__PROBLEM TO SOLVE__. Would you repeat all of the records underneath, exactly as written?

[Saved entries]
▽
-- ===== src/Pipe/Ring.antt =====
-- The ring against a stream of bytes with counters that never wrap.
use xv6_riscv_private.Common.{ℕ, ◌+◌, ◌%◌, ◌^◌, ◌≤◌, ◌<◌, ◌≡◌, ◌↔◌, ◌∙◌, ap, true, update, arith}
use xv6_riscv_private.Pipe.{Pipe, pipesize, is_full, is_empty, push, pull}

-- Of the stream `s`, `w` bytes have been written and `r` read; the ring holds those in between.
pub record IsPipe (s : ℕ → ℕ) (r w : ℕ) (pi : Pipe) : Type 0 where
  pub behind : r ≤ w
  pub fits : w ≤ r + pipesize
  pub nread : pi.nread ≡ r % 2 ^ 32
  pub nwrite : pi.nwrite ≡ w % 2 ^ 32
  pub bytes : (j : ℕ) → r ≤ j → j < w → pi.data_at (j % pipesize) ≡ s j

module _ (s : ℕ → ℕ) (r w : ℕ) (pi : Pipe) (h : IsPipe s r w pi) where
  pub is_full-eq : (is_full pi ≡ true) ↔ (w ≡ r + pipesize)
  unfolding is_full
  is_full-eq =
      let a = h.behind in
      let b = h.fits in
      let c = h.nread in let d = h.nwrite in (λ e. ground (arith, e), λ e. ground (arith, e))

  pub is_empty-eq : (is_empty pi ≡ true) ↔ (w ≡ r)
  unfolding is_empty
  is_empty-eq =
      let a = h.behind in
      let b = h.fits in
      let c = h.nread in let d = h.nwrite in (λ e. ground (arith, e), λ e. ground (arith, e))

  slot : pi.nwrite % pipesize ≡ w % pipesize
  slot = let d = h.nwrite in omega (arith, d)

  pub push-IsPipe : (ch : ℕ) → w < r + pipesize → IsPipe (update s w ch) r (w + 1) (push ch pi)
  unfolding push
  push-IsPipe ch room = record {
    behind = let a = h.behind in omega arith;
    fits = omega arith;
    nread = h.nread;
    nwrite = let d = h.nwrite in omega (arith, d);
    bytes = λ j lo hi. let old = h.bytes j lo in let q = slot in ground (arith, old, q);
  }

  pub pull-IsPipe : r < w → IsPipe s (r + 1) w (pull pi).1
  unfolding pull
  pull-IsPipe some_left = record {
    behind = omega arith;
    fits = let b = h.fits in omega arith;
    nread = let d = h.nread in omega (arith, d);
    nwrite = h.nwrite;
    bytes = λ j lo hi. h.bytes j (omega arith) hi;
  }

  pub pull-eq : r < w → (pull pi).0 ≡ s r
  unfolding pull
  pull-eq some_left =
      let d = h.nread in
      let q : pi.nread % pipesize ≡ r % pipesize = omega (arith, d) in
      ap pi.data_at q ∙ h.bytes r (omega arith) some_left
△
__TASK RESPONSE__.
-- ===== src/Pipe/Ring.antt =====
-- The ring against a stream of bytes with counters that never wrap.
use xv6_riscv_private.Common.{ℕ, ◌+◌, ◌%◌, ◌^◌, ◌≤◌, ◌<◌, ◌≡◌, ◌↔◌, ◌∙◌, ap, true, update, arith}
use xv6_riscv_private.Pipe.{Pipe, pipesize, is_full, is_empty, push, pull}

-- Of the stream `s`, `w` bytes have been written and `r` read; the ring holds those in between.
pub record IsPipe (s : ℕ → ℕ) (r w : ℕ) (pi : Pipe) : Type 0 where
  pub behind : r ≤ w
  pub fits : w ≤ r + pipesize
  pub nread : pi.nread ≡ r % 2 ^ 32
  pub nwrite : pi.nwrite ≡ w % 2 ^ 32
  pub bytes : (j : ℕ) → r ≤ j → j < w → pi.data_at (j % pipesize) ≡ s j

module _ (s : ℕ → ℕ) (r w : ℕ) (pi : Pipe) (h : IsPipe s r w pi) where
  pub is_full-eq : (is_full pi ≡ true) ↔ (w ≡ r + pipesize)
  unfolding is_full
  is_full-eq =
      let a = h.behind in
      let b = h.fits in
      let c = h.nread in let d = h.nwrite in (λ e. ground (arith, e), λ e. ground (arith, e))

  pub is_empty-eq : (is_empty pi ≡ true) ↔ (w ≡ r)
  unfolding is_empty
  is_empty-eq =
      let a = h.behind in
      let b = h.fits in
      let c = h.nread in let d = h.nwrite in (λ e. ground (arith, e), λ e. ground (arith, e))

  slot : pi.nwrite % pipesize ≡ w % pipesize
  slot = let d = h.nwrite in omega (arith, d)

  pub push-IsPipe : (ch : ℕ) → w < r + pipesize → IsPipe (update s w ch) r (w + 1) (push ch pi)
  unfolding push
  push-IsPipe ch room = record {
    behind = let a = h.behind in omega arith;
    fits = omega arith;
    nread = h.nread;
    nwrite = let d = h.nwrite in omega (arith, d);
    bytes = λ j lo hi. let old = h.bytes j lo in let q = slot in ground (arith, old, q);
  }

  pub pull-IsPipe : r < w → IsPipe s (r + 1) w (pull pi).1
  unfolding pull
  pull-IsPipe some_left = record {
    behind = omega arith;
    fits = let b = h.fits in omega arith;
    nread = let d = h.nread in omega (arith, d);
    nwrite = h.nwrite;
    bytes = λ j lo hi. h.bytes j (omega arith) hi;
  }

  pub pull-eq : r < w → (pull pi).0 ≡ s r
  unfolding pull
  pull-eq some_left =
      let d = h.nread in
      let q : pi.nread % pipesize ≡ r % pipesize = omega (arith, d) in
      ap pi.data_at q ∙ h.bytes r (omega arith) some_left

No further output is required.